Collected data
-- ===== src/Resolution/Size/Digits.antt =====
-- scheduler/src/resolution.rs: `i64_digits` counts decimal digits.
use native.Mathlib.Decide.{dec_lt}
use native.Mathlib.Nat.{pow-suc, pow-le-pow_right}
use agentbeacon.Base.{
  ℕ, zero, suc, ◌+◌, ◌-◌, ◌/◌, ◌^◌, ◌≤◌, ◌<◌, ◌≡◌, refl, ◌⊎◌, inl, inr, ap, pos, leb, i64_max,
  arith, Bool-cases, leb→le,
}
use agentbeacon.Resolution.Size.{digits_loop, i64_digits}

power_step :
    (m k : ℕ)
    → 10 ≤ m
    → m / 10 < 10 ^ suc k
    → (k ≡ 0) ⊎ (10 ^ k ≤ m / 10)
    → (m < 10 ^ suc (suc k)) × (10 ^ suc k ≤ m)
power_step m k h below (inl e) =
    (omega (arith, pow-suc 10 (suc k)), omega (arith, ap (λ (j : ℕ). 10 ^ suc j) e))
power_step m k h below (inr above) =
    (omega (arith, pow-suc 10 (suc k)), omega (arith, pow-suc 10 k))

-- What a run of the loop adds to its counter.
digits_loop_adds :
    (fuel m d : ℕ)
    → m < 10 ^ fuel
    → (k : ℕ) × (digits_loop fuel m d ≡ d + k) × (m < 10 ^ suc k) × ((k ≡ 0) ⊎ (10 ^ k ≤ m))
unfolding digits_loop
digits_loop_adds zero m d h = (0, omega arith, omega arith, inl refl)
digits_loop_adds (suc fuel) m d h = elim (Bool-cases (leb 10 m)) [
  | inl more ↦
      let (k, e, below, above) =
        digits_loop_adds fuel (m / 10) (d + 1) (omega (arith, pow-suc 10 fuel, leb→le 10 m more)) in
      let (upper, lower) = power_step m k (leb→le 10 m more) below above in
      (suc k, rw more (omega (arith, e)), upper, inr lower)
  | inr done ↦ (0, rw done (omega arith), ground arith, inl refl)
]

at_least : (n k : ℕ) → 0 < n → (k ≡ 0) ⊎ (10 ^ k ≤ n) → 10 ^ k ≤ n
at_least n k h (inl e) = omega (arith, ap (λ (j : ℕ). 10 ^ j) e)
at_least n k h (inr above) = above

-- A positive `i64` has exactly `i64_digits` decimal digits: 20 rounds of the loop are enough.
pub i64_digits_exact :
    (n : ℕ)
    → 0 < n
    → n ≤ i64_max
    → (10 ^ (i64_digits (pos n) - 1) ≤ n) × (n < 10 ^ i64_digits (pos n))
unfolding i64_digits
i64_digits_exact n h bound =
    let (k, e, below, above) = digits_loop_adds 20 n 1 (omega arith) in
    let less : 0 + digits_loop 20 n 1 - 1 ≡ k = omega (arith, e) in
    let same : 0 + digits_loop 20 n 1 ≡ suc k = omega (arith, e) in
    (rw less (at_least n k h above), rw same below)

-- No positive `i64` has more digits than the largest.
pub i64_digits-le : (n : ℕ) → n ≤ i64_max → i64_digits (pos n) ≤ 19
unfolding i64_digits
i64_digits-le n h =
    let (k, e, below, above) = digits_loop_adds 20 n 1 (omega arith) in
    elim (dec_lt 18 k) [ yes large ↦ absurd (too_many k large above) | no small ↦ omega (arith, e) ]
  where
    too_many : (k : ℕ) → 18 < k → (k ≡ 0) ⊎ (10 ^ k ≤ n) → ⊥
    too_many k large (inl e) = omega arith
    too_many k large (inr above) =
        omega (arith, pow-le-pow_right {n = 10} (omega arith) {i = 19} {j = k} large)
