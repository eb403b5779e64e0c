-- ===== src/Resolution/Size/Envelope.antt =====
-- scheduler/src/resolution.rs: the gate on an answer, taken before the marker's ids are known.
use agentbeacon.Base.{ℕ, ◌+◌, ◌≤◌, ◌≡◌, false, Option, some, String, pos, i64_max, arith}
use agentbeacon.Resolution.Size.{
  marker_serialized_cap_bytes, escaped_len, i64_digits, char_escaped_width, serialized_marker_bytes,
  reserved_envelope_bytes, reserved_envelope_exceeds_cap, answer_bytes,
}
use agentbeacon.Resolution.Size.Digits.{i64_digits-le}

reserved_envelope_total :
    (answer : Option String) → reserved_envelope_bytes answer ≡ 216 + answer_bytes answer
unfolding reserved_envelope_bytes escaped_len char_escaped_width i64_digits
reserved_envelope_total answer = omega arith

-- A marker of the live path, whatever ids the database gives it, is no larger than what the gate
-- reserves: its batch id takes at most 36 bytes, its time 20, and both ids are `i64`s.
pub serialized_marker_bytes-le :
    (batch_id : String) (escalation event_id : ℕ) (at : String) (answer : Option String)
    → escaped_len batch_id ≤ 36
    → escaped_len at ≤ 20
    → escalation ≤ i64_max
    → event_id ≤ i64_max
    → serialized_marker_bytes batch_id (some (pos escalation)) (pos event_id) at answer false
      ≤ reserved_envelope_bytes answer
unfolding serialized_marker_bytes
serialized_marker_bytes-le batch_id escalation event_id at answer b t e i =
    omega
      (arith, i64_digits-le escalation e, i64_digits-le event_id i, reserved_envelope_total answer)

-- An answer that passes the gate gives a marker within the cap, if its batch id takes at most 36
-- bytes, its time 20, and both ids are `i64`s.
pub reserved_envelope_sound :
    (batch_id : String) (escalation event_id : ℕ) (at : String) (answer : Option String)
    → escaped_len batch_id ≤ 36
    → escaped_len at ≤ 20
    → escalation ≤ i64_max
    → event_id ≤ i64_max
    → reserved_envelope_exceeds_cap answer ≡ false
    → serialized_marker_bytes batch_id (some (pos escalation)) (pos event_id) at answer false
      ≤ marker_serialized_cap_bytes
unfolding reserved_envelope_exceeds_cap
reserved_envelope_sound batch_id escalation event_id at answer b t e i passed =
    let small = serialized_marker_bytes-le batch_id escalation event_id at answer b t e i in
    ground arith
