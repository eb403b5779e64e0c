-- ===== src/Statements/Sync.antt =====
-- scheduler/src/db: the statements of the workers' synchronisation. `ORDER BY created_at` is the order
-- in which the rows stand.
use agentbeacon.Tables.{Db, is_run, is_terminate, is_unassigned, is_failed}
use agentbeacon.Statements.{
  attempt, update_sessions, Event, EventType, Execution, Session, Tx, verify_session_owner, Json,
  SchedulerError, execution_has_id, InsertedEvent, asks, gets, modify, session_has_id, pure,
  task_is_of, next_event, throw, missing,
}
use agentbeacon.Base.{
  Bool, String, ℤ, List, Option, filter_where, find, false, is_none, is_some_text, ltb, ◌&&◌,
  count_where, not, some, ◌||◌, eq_ℤ, if◌then◌else◌, is_some, str_eq, none, ◌++◌, ◌==◌, ◌∷◌, [],
  succ_ℤ,
}
use agentbeacon.Tx.{◌>>=◌, ◌>>◌}

abbrev pub any_where : {A : Type 0} → (A → Bool) → List A → Bool
any_where test xs = ltb 0 (count_where test xs)

unfoldable pub find_sessions_for_worker : String → Tx SchedulerError (List Session)
unfolding attempt filter_where
find_sessions_for_worker worker_id = do
  attempt "find sessions for worker failed"
  gets (λ d. filter_where (λ s. is_some_text s.worker_id worker_id) d.sessions)

abbrev runs_execution : String → Execution → Bool
runs_execution id x = execution_has_id id x && is_run x.desired && is_none x.outcome

abbrev pub is_claimable : Db → Session → Bool
is_claimable d s =
    any_where (runs_execution s.execution_id) d.executions
    && is_run s.desired
    && is_unassigned s.executor_state
    && is_none s.outcome
    && is_none s.command_token
    && is_none s.worker_id
    && (any_where (task_is_of s.id) d.task_queue || is_some s.agent_session_id)

unfoldable pub find_unassigned_with_work : Tx SchedulerError (Option Session)
unfolding attempt find
find_unassigned_with_work = do
  attempt "find unassigned with work failed"
  gets (λ d. find (is_claimable d) d.sessions)

abbrev is_unfinished_execution : String → Execution → Bool
is_unfinished_execution id x = execution_has_id id x && is_none x.outcome

-- A live child of the session.
abbrev is_live_child_of : String → Session → Bool
is_live_child_of id c =
    is_some_text c.parent_session_id id && is_none c.outcome && not (is_terminate c.desired)

abbrev pub is_reconcilable : Db → Session → Bool
is_reconcilable d s =
    is_none s.outcome
    || is_some s.worker_id
    || is_some s.command_token
    || (not s.parent_notified && is_some s.parent_session_id && is_failed s.outcome)
    || (is_some s.outcome && not (is_terminate s.desired))
    || (is_none s.parent_session_id
        && is_some s.outcome
        && any_where (is_unfinished_execution s.execution_id) d.executions)
    || (is_some s.outcome && any_where (task_is_of s.id) d.task_queue)
    || (is_terminate s.desired && is_some s.outcome && any_where (is_live_child_of s.id) d.sessions)

unfoldable pub find_reconcilable : Tx SchedulerError (List Session)
unfolding attempt filter_where
find_reconcilable = do
  attempt "find_reconcilable failed"
  gets (λ d. filter_where (is_reconcilable d) d.sessions)

unfoldable pub update_agent_session_id : String → String → String → Tx SchedulerError (Unit {0})
unfolding update_sessions
update_agent_session_id id agent_session_id worker_id = do
  now ← asks (λ e. e.now)
  rows ←
      update_sessions "update agent_session_id failed"
        (λ s. session_has_id id s && is_some_text s.worker_id worker_id)
        (λ s. record s { agent_session_id = some agent_session_id; updated_at = now })
  if rows == 0 then throw (missing "session") else pure tt

abbrev pub has_token : String → Session → Bool
has_token token s = is_some_text s.command_token token

unfoldable pub find_command : String → Tx SchedulerError (Option Session)
unfolding attempt find
find_command token = do
  attempt "query command_token failed"
  gets (λ d. find (has_token token) d.sessions)

abbrev same_seq : ℤ → Option ℤ → Bool
same_seq msg_seq none = false
same_seq msg_seq (some n) = eq_ℤ n msg_seq

abbrev same_text : String → Option String → Bool
same_text id none = false
same_text id (some t) = str_eq t id

abbrev pub is_message : String → ℤ → Event → Bool
is_message session_id msg_seq v = same_text session_id v.session_id && same_seq msg_seq v.msg_seq

unfoldable pub append_message :
    String → String → EventType → Json → ℤ → Tx SchedulerError InsertedEvent
append_message execution_id session_id event_type payload msg_seq = do
  now ← asks (λ e. e.now)
  written ← asks (λ e. e.rfc3339 now)
  id ← gets (λ d. d.next_event_id)
  modify (λ d. record d {
    events =
        d.events
        ++ record (next_event execution_id (some session_id) event_type payload now d) {
          msg_seq = some msg_seq;
        }
          ∷ [];
    next_event_id = succ_ℤ d.next_event_id;
  })
  pure (record { id = id; created_at = written })

-- `ON CONFLICT (session_id, msg_seq) DO NOTHING`. A row that is not inserted takes no id, as on SQLite.
unfoldable pub insert_with_dedup :
    String → String → EventType → Json → ℤ → Tx SchedulerError (Option InsertedEvent)
unfolding attempt verify_session_owner append_message
insert_with_dedup execution_id session_id event_type payload msg_seq = do
  verify_session_owner execution_id (some session_id)
  attempt "insert event dedup failed"
  known ← gets (λ d. any_where (is_message session_id msg_seq) d.events)
  if known then pure none else do
    inserted ← append_message execution_id session_id event_type payload msg_seq
    pure (some inserted)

▶ **TASK DETAILS**: All lines above from the one with "digits_loop_adds (suc fuel)" to the one with "digits_loop_adds fuel (m", inclusive, should be copied exactly, and no other lines.

▶ **FINISHED EXERCISE**:
digits_loop_adds (suc fuel) m d h = elim (Bool-cases (leb 10 m)) [
  | inl more ↦
      let (k, e, below, above) =
        digits_loop_adds fuel (m / 10) (d + 1) (omega (arith, pow-suc 10 fuel, leb→le 10 m more)) in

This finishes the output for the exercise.